EXPERIMENRAL PROCEDURES

Medaka maintenance

The inbred Cab medaka line was used. Fish were maintained as described previously (Ishikawa et al., 2010). All experiments were carried out in accordance with the Japanese laws and guidelines for the care of experimental animals and according to the Osaka University Animal Experimental Rules. All animal protocols were approved by the Committee on the Ethics of Animal Experiments of Osaka University (Approval Number: 27‐047‐001). All surgical procedures were carried out under tricaine methanesulfonate (MS‐222) anesthesia, and all efforts were made to minimize suffering.

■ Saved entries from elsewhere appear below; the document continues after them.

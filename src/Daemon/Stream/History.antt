-- ===== src/Daemon/Stream/History.antt =====
-- The historical part of a stream: crates/paavod/src/routes/jobs.rs, `historical_lines`.
use paavo.Prelude.{
  ℕ, zero, suc, ◌+◌, ◌-◌, ◌*◌, ◌/◌, ◌^◌, ◌≤◌, ◌<◌, min, ltb, ◌≡◌, refl, sym, ap, ◌∙◌, true, false,
  Option, some, none, List, [], ◌∷◌, ◌++◌, map, take, drop, length, take_all, arith, All,
  Bool-cases, inl, inr,
}
use mathlib.Core.List.{append-nil, map-append}
use paavo.Proto.Job.{JobId, JobOutcome, is_terminal}
use paavo.Proto.Log.{LogFrame}
use paavo.Db.Store.{Database, JobRow, ok}
use paavo.Db.Job.Queries.{find}
use paavo.Db.Log.{frames_of, list}
use paavo.Db.Log.Batch.{IsContiguous}
use paavo.Db.Log.Pages.{IsReadable, list-contiguous}
use paavo.Daemon.Stream.{
  WireMessage, page_size, saturating_add, frames_then, after_page, historical_from,
  historical_lines, Readings, streamed, stream_job,
}

add_suc : (m n : ℕ) → suc (m + n) ≡ suc m + n
add_suc m n = omega arith

below-page : (n left : ℕ) → n ≡ min page_size left → ltb n page_size ≡ true → left ≤ page_size
below-page n left e short = ground arith

pub full-page : (n left : ℕ) → n ≡ min page_size left → ltb n page_size ≡ false → page_size ≤ left
full-page n left e full = ground arith

module _ {ℓ} {A : Type ℓ} where
  take-drop : (n : ℕ) (xs : List A) → take n xs ++ drop n xs ≡ xs
  take-drop zero xs = refl
  take-drop (suc n) [] = refl
  take-drop (suc n) (x ∷ xs) = ap (◌∷◌ x) (take-drop n xs)

  pub length-drop : (n : ℕ) (xs : List A) → length (drop n xs) ≡ length xs - n
  length-drop zero xs = omega arith
  length-drop (suc n) [] = omega arith
  length-drop (suc n) (x ∷ xs) = omega (arith, length-drop n xs)

  pub length-take : (n : ℕ) (xs : List A) → length (take n xs) ≡ min n (length xs)
  length-take zero xs = omega arith
  length-take (suc n) [] = omega arith
  length-take (suc n) (x ∷ xs) = omega (arith, length-take n xs)

  drop-nil : (n : ℕ) → drop {A = A} n [] ≡ []
  drop-nil zero = refl
  drop-nil (suc n) = refl

  drop-drop : (m n : ℕ) (xs : List A) → drop n (drop m xs) ≡ drop (m + n) xs
  drop-drop zero n xs = ap (λ k. drop k xs) (omega arith)
  drop-drop (suc m) n [] = drop-nil n ∙ sym (drop-nil (suc m + n))
  drop-drop (suc m) n (x ∷ xs) = drop-drop m n xs ∙ ap (λ k. drop k (x ∷ xs)) (add_suc m n)

after_page-short :
    (chunk : List LogFrame) (rest : Option (List WireMessage))
    → ltb (length chunk) page_size ≡ true
    → after_page (ok chunk) rest ≡ some (frames_then chunk [])
after_page-short chunk none e = rw e refl
after_page-short chunk (some lines) e = rw e refl

frames_then-drop :
    (k : ℕ) (fs : List LogFrame)
    → frames_then (take page_size (drop k fs)) (map WireMessage.frame (drop (k + page_size) fs))
      ≡ map WireMessage.frame (drop k fs)
frames_then-drop k fs =
    sym (map-append WireMessage.frame (take page_size (drop k fs)) (drop (k + page_size) fs))
    ∙ ap (map WireMessage.frame) (
        ap (λ gs. take page_size (drop k fs) ++ gs) (sym (drop-drop k page_size fs))
        ∙ take-drop page_size (drop k fs))

module _ (id : JobId) (fs : List LogFrame) (store : ℕ → Database)
    (stored : (k : ℕ) → frames_of id (store k).frames ≡ fs) (contiguous : IsContiguous 0 fs)
    (readable : All IsReadable fs) (small : length fs + page_size < 2 ^ 32) where
  page_at : (k : ℕ) → list id k page_size (store k) ≡ ok (take page_size (drop k fs))
  page_at k =
      (list-contiguous id k page_size fs (store k) (stored k) contiguous (omega arith) readable).0

  historical_from-eq :
      (fuel k : ℕ)
      → k ≤ length fs
      → length fs < k + fuel * page_size
      → historical_from fuel id k store ≡ some (map WireMessage.frame (drop k fs))
  unfolding historical_from
  historical_from-eq zero k le enough = absurd (omega arith)
  historical_from-eq (suc fuel) k le enough =
      let chunk = take page_size (drop k fs) in
      let left : length chunk ≡ min page_size (length fs - k) =
        length-take page_size (drop k fs) ∙ ap (min page_size) (length-drop k fs) in
      elim (Bool-cases (ltb (length chunk) page_size)) [
        | inl short ↦
            ap (λ r. after_page r (historical_from fuel id (saturating_add k page_size) store))
              (page_at k)
            ∙ (after_page-short chunk _ short
                ∙ ap some (
                    append-nil (map WireMessage.frame chunk)
                    ∙ ap (map WireMessage.frame) (
                        take_all page_size (drop k fs) (
                          below-page (length chunk) (length (drop k fs))
                            (length-take page_size (drop k fs)) short))))
        | inr full ↦
            let on : k + page_size ≤ length fs =
              omega (arith, full-page (length chunk) (length fs - k) left full) in
            let sum : saturating_add k page_size ≡ k + page_size = omega (arith, on, small) in
            rw
              (
                page_at k,
                sum,
                historical_from-eq fuel (k + page_size) on (omega (arith, enough)),
                full,
              )
              (ap some (frames_then-drop k fs))
      ]

  -- A log that is whole is streamed whole, in order, within one page more than it fills.
  historical_lines-eq :
      historical_lines (suc (length fs / page_size)) id store ≡ some (map WireMessage.frame fs)
  unfolding historical_lines
  historical_lines-eq =
      historical_from-eq (suc (length fs / page_size)) 0 (omega arith) (omega arith)

-- If a log is numbered from 0 without a gap, fits its columns, and is shorter than 2^32 by a page,
-- the stream of its job, once the row is found with a terminal state and an outcome, is the whole
-- log in order and then that outcome, with one page more than the log fills as its fuel.
pub stream_job-ended :
    (id : JobId) (fs : List LogFrame) (r : Readings) (row : JobRow) (o : JobOutcome)
    → ((k : ℕ) → frames_of id (r.pages k).frames ≡ fs)
    → IsContiguous 0 fs
    → All IsReadable fs
    → length fs + page_size < 2 ^ 32
    → find id r.first ≡ ok (some row)
    → is_terminal row.state ≡ true
    → row.outcome ≡ some o
    → stream_job (suc (length fs / page_size)) (some id) r
      ≡ some (streamed (map WireMessage.frame fs ++ WireMessage.terminal o ∷ []))
unfolding stream_job
stream_job-ended id fs r row o stored contiguous readable small found ended outcome =
    rw (found, ended, outcome, historical_lines-eq id fs r.pages stored contiguous readable small)
      refl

Generation of medaka mutants

To generate mutant fish, the medaka TILLING library (Ishikawa et al., 2010; Taniguchi et al., 2006) was screened using temperature gradient capillary electrophoresis (TGCE) as described previously (Sakuraba et al., 2005). Fifteen base substitution mutants were obtained (Figure S1). The obtained mutant fish of interest were out‐crossed with wild‐type fish of the inbred Cab strain for more than five generations. Genotyping was carried out by a combination of the HRM assay and capillary sequencing as described previously (Ishikawa et al., 2010). The sequences of all oligonucleotides used in this study are listed in Table S1.

In vitro primer extension assay using recombinant protein

A Medaka rev1 cDNA clone (Ole17.04a) was obtained from NBRP Medaka. Amino acid substitutions at H489N, I502K or V742M or non‐sense mutations at R530X or L980X were introduced into rev1 cDNA by a two‐step PCR using primers encoding the mutated nucleotide. The entire coding sequences of wild or mutant cDNA were cloned in‐frame with the glutathione S‐transferase gene in the pGEX4T vector (Amersham Biotech.). Over‐expression and preparation of crude cell extracts were conducted as described previously (Kobayashi et al., 2000). GST‐fusion proteins were purified using a glutathioneSepharose 4B column (Amersham Pharmacia Biotech), and fractions with GST activity were pooled and applied to a PD‐10 gel filtration column (Amersham Pharmacia Biotech) to remove the glutathione present in the buffer (50 mM Tris, pH 8.0). Fractions containing recombinant protein, as determined by SDS‐PAGE, were pooled and used for the primer extension assay. The primer extension assay was conducted as described previously (Ishikawa et al., 2001). A 16‐mer DNA primer (5′‐CACTGACTGTATGATG) and a complementary 30‐mer primer (5′‐CTCGTCAGCATCTXCATCATACAGTCAGTG), where the underlined X is placed with the abasic analogue (Masutani et al., 2000), were used. The labeled template primer was used at a final concentration of 4 nM. Reaction mixtures contained 50 mM Tris–HCl (pH 8.0), 2 mM dithiothreitol, 50 mM KCl, 5 mM MgCl2, 100 ng/ml bovine serum albumin, 0.1 mM dCTP and 250 ng of partially purified enzyme in a final volume of 5 µl. The reaction was incubated at 37°C for 1 hr and terminated by addition of an equal amount of 2× loading buffer. Reactions were separated using a 14% polyacrylamide gel containing 8 M urea and visualized by exposing the gel to X‐ray film.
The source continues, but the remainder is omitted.